COVID 19 is more dangerous for cancer patients

Cancer patients are more susceptible to coronavirus than individuals without cancer as they are in an immunosuppressive state because of the malignancy and anticancer treatments. Read on to understand how coronavirus impacts cancer patients

The COVID 19, an infectious illness caused by a new type of coronavirus, that emerged from Wuhan city of China in December 2019 and declared by the World Health Organization as pandemic on March 11, 2020 causes serious complications. Incidentally, the cancer patients have been at a higher risk of complications because cancer and its treatment can weaken the immune system and reduce ability to fight infections. Needless to say, the immune system protects the body against illness and infection caused by viruses like coronavirus. 
The extremely vulnerable groups of people include those having chemotherapy; having radical radiotherapy for lung cancer; people with cancers of the blood or bone marrow such as leukemia, lymphoma or myeloma (who are at any stage of treatment), people having immunotherapy or other continuing antibody treatments for cancer; people having other targeted cancer treatments which can affect the immune system such as protein kinase inhibitors or PARP inhibitors and who have had bone marrow or stem cell transplants in the last six months, or who are still taking immunosuppression drugs. An international consortium was established to discuss clinical evidence and to provide expert advice on statements related to cancer management during the COVID 19 pandemic. The steering committee prepared 10 working packages addressing significant clinical questions from diagnosis to surgery.

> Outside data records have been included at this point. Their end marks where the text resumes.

-- ===== src/Strlib/Replace/Values.antt =====
-- lstrlib.cpp: the replacement of one match by add_value.
use cpplua.Prelude.{
  ℕ, zero, suc, ◌+◌, ◌-◌, ◌≤◌, ◌<◌, ◌≡◌, refl, true, List, [], ◌∷◌, length, take, drop, get_or,
  ◌==◌, arith, le→leb,
}
use cpplua.Prelude.Ctype.{isdigit}
use cpplua.Prelude.Post.{
  returns, ends, Ends, Reads, Ends-read, Ends-if, Ends-pure, Ends-raise, Ends_mono,
}
use cpplua.Strlib.Pattern.{MatchState, char_at}
use cpplua.Strlib.Pattern.Captures.{Fits}
use cpplua.Strlib.Find.{Value, slice}
use cpplua.Strlib.Find.Ends.{Gives, push_onecapture-Gives, push_captures-Gives}
use cpplua.Strlib.Replace.{
  Answer, falsy, text, other, Replacement, template, table, function, unusable, add_escape, add_s,
  add_answer, add_value,
}

-- the replacements that a table or a function leaves out
abbrev pub Declines : Replacement → Type 0
Declines (template news) = ⊥
Declines (table g) = (v : Value) → g v ≡ falsy
Declines (function g) = (vs : List Value) → g vs ≡ falsy
Declines unusable = ⊥

module _ (number_text : ℕ → List ℕ) (src : List ℕ) where
  pub slice-take :
      (s e : ℕ) (ms : MatchState)
      → s ≤ e
      → e ≤ length src
      → Ends (Reads (λ xs. xs ≡ take (e - s) (drop s src)) ms) (slice src s (e - s)) ms
  unfolding slice
  slice-take s e ms h k =
      let inside : s + (e - s) ≤ length src = omega arith in
      ends (rw (le→leb _ _ inside) (returns (refl, refl)))

  module _ (ms : MatchState) (s e : ℕ) (lo : s ≤ e) (hi : e ≤ length src) (f : Fits e ms) where
    add_escape-Gives : (d : ℕ) → Gives src ms (add_escape number_text src d s e)
    unfolding add_escape
    add_escape-Gives d =
        Ends-if (isdigit d)
          (λ _.
            Ends-if (d == b'0') (λ _. Ends_mono (slice-take s e ms lo hi) (λ xs t (_, k). (tt, k)))
              (λ _.
                Ends-read (push_onecapture-Gives src ms e f hi (d - b'1') s e (omega arith) hi)
                  (λ v _. Ends-pure (tt, refl))))
          (λ _. Ends-pure (tt, refl))

    add_s-Gives : (news : List ℕ) → Gives src ms (add_s number_text src news s e)
    unfolding add_s
    add_s-Gives [] = Ends-pure (tt, refl)
    add_s-Gives (c ∷ []) = Ends-if (c == b'%') (λ _. add_escape-Gives 0) (λ _. Ends-pure (tt, refl))
    add_s-Gives (c ∷ d ∷ news) =
        Ends-if (c == b'%')
          (λ _.
            Ends-read (add_escape-Gives d)
              (λ x _. Ends-read (add_s-Gives news) (λ xs _. Ends-pure (tt, refl))))
          (λ _. Ends-read (add_s-Gives (d ∷ news)) (λ xs _. Ends-pure (tt, refl)))

    -- an answer that is nil or false keeps the text of the match
    abbrev Kind : Answer → List ℕ → Type 0
    Kind a xs = a ≡ falsy → xs ≡ take (e - s) (drop s src)

    add_answer-Kind : (a : Answer) → Ends (Reads (Kind a) ms) (add_answer number_text src a s e) ms
    unfolding add_answer
    add_answer-Kind falsy = Ends_mono (slice-take s e ms lo hi) (λ xs t (h, k). (λ _. h, k))
    add_answer-Kind (text xs) = Ends-pure (λ bad. cc, refl)
    add_answer-Kind other = Ends-raise

    pub add_value-Ends :
        (r : Replacement)
        → Ends
            (Reads (λ xs. Declines r → xs ≡ take (e - s) (drop s src)) ms)
            (add_value number_text src r s e)
            ms
    unfolding add_value
    add_value-Ends (template news) =
        Ends_mono (add_s-Gives news) (λ xs t (_, k). (λ bad. absurd bad, k))
    add_value-Ends (table g) =
        Ends-read (push_onecapture-Gives src ms e f hi 0 s e (omega arith) hi)
          (λ v _. Ends_mono (add_answer-Kind (g v)) (λ xs t (h, k). (λ all. h (all v), k)))
    add_value-Ends (function g) =
        Ends-read (push_captures-Gives src ms e f hi true s e (omega arith) hi)
          (λ vs _. Ends_mono (add_answer-Kind (g vs)) (λ xs t (h, k). (λ all. h (all vs), k)))
    add_value-Ends unusable = Ends-raise

pub char_at-get_or :
    (xs : List ℕ) (i : ℕ) (ms : MatchState)
    → i ≤ length xs
    → Ends (Reads (λ c. c ≡ get_or xs i 0) ms) (char_at xs i) ms
unfolding char_at
char_at-get_or xs i ms h = ends (rw (le→leb _ _ h) (returns (refl, refl)))

pub get_or-drop :
    (xs : List ℕ) (i : ℕ) → i < length xs → get_or xs i 0 ∷ drop (i + 1) xs ≡ drop i xs
get_or-drop [] i h = absurd (omega arith)
get_or-drop (x ∷ xs) zero h = refl
get_or-drop (x ∷ xs) (suc i) h =
    let next : suc i + 1 ≡ suc (i + 1) = omega arith in rw next (get_or-drop xs i (omega arith))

During a virtual consensus meeting, including global experts and led by the European Society for Medical Oncology (ESMO), statements were discussed and voted upon. When consensus could not be reached, the panel revised statements in order to develop consensual clinical guidance. The expert panel agreed on 28 statements that can be used to overcome many of the clinical and technical areas of uncertainty ranging from diagnosis to therapeutic planning.
An international consortium was established to discuss clinical evidence and to provide expert advice on statements related to cancer management during the COVID 19 pandemic
The ESMO Interdisciplinary Expert Consensus had prepared a guide to better understand the impact of the COVID 19 pandemic on cancer care. It also provides information on the impact of the COVID19 pandemic on various aspects of cancer care, including possible changes to treatment plan to keep patients safe from infection. Expert Nicole Kuderer and colleagues, in their studies, found that among patients with cancer and COVID 19, mortality was high and associated with general and cancer-specific risk factors (with a mortality of 13•3%).
Representative image
Image: Representative image
The cancer patients in India suffered during COVID19 lockdown as the patients found it difficult to manage the cancer care delivery system, an oncologist had said. A recent report of 'Cancer Care Delivery Challenges Amidst COVID 19 Outbreak' published in the journal of Asian Pacific Journal of Cancer Prevention has pointed out that cancer patients are more susceptible to coronavirus than individuals without cancer as they are in an immunosuppressive state because of the malignancy and anticancer treatments. Oncologists should be more attentive to detect coronavirus infection early, as any type of advanced cancer is at much higher risk for unfavorable outcomes. Lady Hardinge Medical College assistant professor (radiation oncology) Dr Abhishek Shankar had said that coronavirus has made it difficult to manage cancer care delivery system. 
"As we are having a lockdown in the whole country, patients cannot travel from one place to another. About 95% of the cancer care services are restricted to the urban areas but we also know that 70% of the people live in rural areas. So, there is a lot of disparity in cancer care. For cancer patients, stress is more disturbing for the patient rather than cancer itself," Dr Shankar had said. "It is very difficult to manage these people as they are unable to come to the hospital as we are running only emergency services. We have published the paper on cancer care delivery, although guidance is that you shouldn't delay and you should continue with the treatment. But there are many challenges that are coming right now. We have also advised cancer patients about the precautions and they should verify social media messages coming in from a credible source, like the Indian Council of Medical Research (ICMR) and WHO," he had added. 
"It is a dilemma for healthcare professionals and patients because there is an issue regarding what to follow and what not to. To date, there is no scientific guideline regarding the management of cancer patients in the backdrop of coronavirus outbreak," Dr Shankar had concluded.